[Saved entries]
= = =

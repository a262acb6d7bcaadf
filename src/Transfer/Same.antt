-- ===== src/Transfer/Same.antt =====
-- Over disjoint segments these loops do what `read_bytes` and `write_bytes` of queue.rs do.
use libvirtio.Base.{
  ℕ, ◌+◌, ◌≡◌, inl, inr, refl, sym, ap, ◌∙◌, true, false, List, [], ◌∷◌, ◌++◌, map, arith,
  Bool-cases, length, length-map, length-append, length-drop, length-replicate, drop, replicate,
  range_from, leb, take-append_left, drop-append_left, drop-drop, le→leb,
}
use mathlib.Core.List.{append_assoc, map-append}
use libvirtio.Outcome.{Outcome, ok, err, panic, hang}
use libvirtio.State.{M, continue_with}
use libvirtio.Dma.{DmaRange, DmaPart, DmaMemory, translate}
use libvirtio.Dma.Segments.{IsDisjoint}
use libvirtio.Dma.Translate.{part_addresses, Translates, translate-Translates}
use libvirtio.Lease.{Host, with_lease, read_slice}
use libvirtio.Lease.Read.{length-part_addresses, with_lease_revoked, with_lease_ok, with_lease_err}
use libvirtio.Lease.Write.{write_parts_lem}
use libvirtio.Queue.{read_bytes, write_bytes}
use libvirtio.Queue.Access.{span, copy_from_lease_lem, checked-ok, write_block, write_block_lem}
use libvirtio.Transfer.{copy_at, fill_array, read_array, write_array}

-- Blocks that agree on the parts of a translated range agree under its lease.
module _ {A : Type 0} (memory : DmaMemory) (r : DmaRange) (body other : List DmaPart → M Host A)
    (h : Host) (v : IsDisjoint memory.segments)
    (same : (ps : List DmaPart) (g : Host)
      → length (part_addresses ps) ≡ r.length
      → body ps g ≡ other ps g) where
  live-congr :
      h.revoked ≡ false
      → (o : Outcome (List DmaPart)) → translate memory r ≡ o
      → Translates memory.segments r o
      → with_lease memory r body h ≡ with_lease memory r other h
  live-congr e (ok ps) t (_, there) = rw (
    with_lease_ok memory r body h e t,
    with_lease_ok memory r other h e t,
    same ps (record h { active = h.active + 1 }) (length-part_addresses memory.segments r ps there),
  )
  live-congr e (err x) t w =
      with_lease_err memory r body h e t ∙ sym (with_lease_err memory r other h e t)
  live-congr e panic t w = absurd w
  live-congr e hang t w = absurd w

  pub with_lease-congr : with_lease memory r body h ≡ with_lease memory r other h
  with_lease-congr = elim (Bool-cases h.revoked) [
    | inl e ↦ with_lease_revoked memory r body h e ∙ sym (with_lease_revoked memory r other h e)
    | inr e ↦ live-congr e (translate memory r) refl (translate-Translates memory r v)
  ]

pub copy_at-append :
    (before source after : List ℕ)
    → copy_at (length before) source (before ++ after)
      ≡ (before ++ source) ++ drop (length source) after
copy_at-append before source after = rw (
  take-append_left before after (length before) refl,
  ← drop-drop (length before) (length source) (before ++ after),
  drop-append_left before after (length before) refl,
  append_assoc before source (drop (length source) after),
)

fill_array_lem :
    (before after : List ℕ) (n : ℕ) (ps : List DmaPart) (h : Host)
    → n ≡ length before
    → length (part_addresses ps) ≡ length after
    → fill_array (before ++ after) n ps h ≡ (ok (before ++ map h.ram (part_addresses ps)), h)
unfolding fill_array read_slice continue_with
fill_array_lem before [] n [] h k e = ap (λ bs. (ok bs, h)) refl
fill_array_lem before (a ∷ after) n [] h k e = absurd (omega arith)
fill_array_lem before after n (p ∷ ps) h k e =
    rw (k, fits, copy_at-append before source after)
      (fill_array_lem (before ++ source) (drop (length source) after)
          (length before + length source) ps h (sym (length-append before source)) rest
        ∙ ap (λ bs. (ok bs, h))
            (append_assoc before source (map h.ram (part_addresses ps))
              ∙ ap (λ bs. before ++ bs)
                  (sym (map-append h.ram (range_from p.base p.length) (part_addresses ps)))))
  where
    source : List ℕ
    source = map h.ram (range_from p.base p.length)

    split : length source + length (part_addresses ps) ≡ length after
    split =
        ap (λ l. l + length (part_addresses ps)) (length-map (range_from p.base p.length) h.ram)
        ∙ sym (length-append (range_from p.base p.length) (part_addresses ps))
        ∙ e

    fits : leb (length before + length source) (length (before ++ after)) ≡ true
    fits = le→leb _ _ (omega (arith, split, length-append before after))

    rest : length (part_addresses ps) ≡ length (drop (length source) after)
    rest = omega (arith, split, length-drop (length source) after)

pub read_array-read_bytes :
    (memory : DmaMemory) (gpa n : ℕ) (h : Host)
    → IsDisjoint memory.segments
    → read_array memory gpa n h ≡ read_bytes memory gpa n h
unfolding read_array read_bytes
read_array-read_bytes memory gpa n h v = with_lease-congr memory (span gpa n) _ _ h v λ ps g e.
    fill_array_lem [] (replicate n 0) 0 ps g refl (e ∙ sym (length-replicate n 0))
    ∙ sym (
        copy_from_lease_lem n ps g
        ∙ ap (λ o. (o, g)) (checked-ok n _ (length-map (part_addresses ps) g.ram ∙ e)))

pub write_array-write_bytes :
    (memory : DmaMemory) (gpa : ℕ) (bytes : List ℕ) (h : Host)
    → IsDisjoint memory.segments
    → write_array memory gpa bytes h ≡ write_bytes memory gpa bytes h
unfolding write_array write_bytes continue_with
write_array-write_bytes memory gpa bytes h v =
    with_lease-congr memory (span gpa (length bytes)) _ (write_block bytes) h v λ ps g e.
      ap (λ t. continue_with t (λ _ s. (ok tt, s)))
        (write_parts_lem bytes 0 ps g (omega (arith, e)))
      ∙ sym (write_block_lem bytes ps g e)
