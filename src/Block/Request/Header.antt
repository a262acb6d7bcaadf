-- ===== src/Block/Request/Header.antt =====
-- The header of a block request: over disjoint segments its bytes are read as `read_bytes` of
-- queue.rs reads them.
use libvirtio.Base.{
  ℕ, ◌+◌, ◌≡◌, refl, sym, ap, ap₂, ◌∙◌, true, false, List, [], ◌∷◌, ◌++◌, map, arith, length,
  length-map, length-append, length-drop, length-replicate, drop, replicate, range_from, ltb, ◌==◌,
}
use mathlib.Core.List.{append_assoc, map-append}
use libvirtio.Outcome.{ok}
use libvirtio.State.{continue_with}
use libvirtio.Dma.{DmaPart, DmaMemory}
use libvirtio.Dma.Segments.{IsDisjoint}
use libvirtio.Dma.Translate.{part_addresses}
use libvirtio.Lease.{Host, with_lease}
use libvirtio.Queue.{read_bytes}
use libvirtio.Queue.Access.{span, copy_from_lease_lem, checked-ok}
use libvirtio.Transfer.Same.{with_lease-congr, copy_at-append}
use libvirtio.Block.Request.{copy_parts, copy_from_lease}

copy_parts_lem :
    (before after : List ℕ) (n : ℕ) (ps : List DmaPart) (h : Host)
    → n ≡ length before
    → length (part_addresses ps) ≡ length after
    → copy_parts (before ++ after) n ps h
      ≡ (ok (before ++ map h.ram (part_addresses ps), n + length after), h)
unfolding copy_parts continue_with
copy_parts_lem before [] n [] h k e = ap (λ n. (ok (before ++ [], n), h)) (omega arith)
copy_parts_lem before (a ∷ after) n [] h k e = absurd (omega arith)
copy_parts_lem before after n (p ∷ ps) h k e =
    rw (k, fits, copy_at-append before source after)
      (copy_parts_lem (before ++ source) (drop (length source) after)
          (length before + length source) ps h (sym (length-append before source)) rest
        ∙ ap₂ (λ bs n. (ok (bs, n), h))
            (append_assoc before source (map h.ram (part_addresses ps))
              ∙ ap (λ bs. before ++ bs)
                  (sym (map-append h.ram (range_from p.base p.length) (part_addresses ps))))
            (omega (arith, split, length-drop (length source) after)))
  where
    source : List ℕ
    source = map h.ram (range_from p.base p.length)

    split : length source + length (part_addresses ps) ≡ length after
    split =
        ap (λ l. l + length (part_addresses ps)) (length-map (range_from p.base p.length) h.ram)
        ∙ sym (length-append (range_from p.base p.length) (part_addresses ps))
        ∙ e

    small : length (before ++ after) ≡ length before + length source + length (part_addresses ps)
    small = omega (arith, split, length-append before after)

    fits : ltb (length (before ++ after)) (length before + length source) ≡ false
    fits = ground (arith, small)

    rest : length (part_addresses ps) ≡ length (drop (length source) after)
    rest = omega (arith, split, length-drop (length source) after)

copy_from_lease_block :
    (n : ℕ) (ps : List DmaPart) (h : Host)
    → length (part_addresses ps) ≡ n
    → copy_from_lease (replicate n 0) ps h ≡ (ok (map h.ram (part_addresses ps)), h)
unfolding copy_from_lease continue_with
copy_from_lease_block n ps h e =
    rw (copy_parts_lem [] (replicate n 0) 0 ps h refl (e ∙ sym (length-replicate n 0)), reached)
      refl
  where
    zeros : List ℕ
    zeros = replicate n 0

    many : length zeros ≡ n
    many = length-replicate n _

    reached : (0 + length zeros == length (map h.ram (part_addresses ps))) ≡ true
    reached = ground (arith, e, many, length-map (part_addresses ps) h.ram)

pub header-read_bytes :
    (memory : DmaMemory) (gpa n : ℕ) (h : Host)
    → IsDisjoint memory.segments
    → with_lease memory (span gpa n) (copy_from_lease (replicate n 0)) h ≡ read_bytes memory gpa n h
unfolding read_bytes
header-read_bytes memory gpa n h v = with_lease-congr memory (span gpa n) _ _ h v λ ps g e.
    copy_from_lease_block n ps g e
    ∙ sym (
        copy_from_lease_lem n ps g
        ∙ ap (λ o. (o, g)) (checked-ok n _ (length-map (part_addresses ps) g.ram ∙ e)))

= = =

Scanning the data above, copy out every line where "State" is found.

:: Finished task ::
use libvirtio.State.{M, continue_with}
use libvirtio.State.{continue_with}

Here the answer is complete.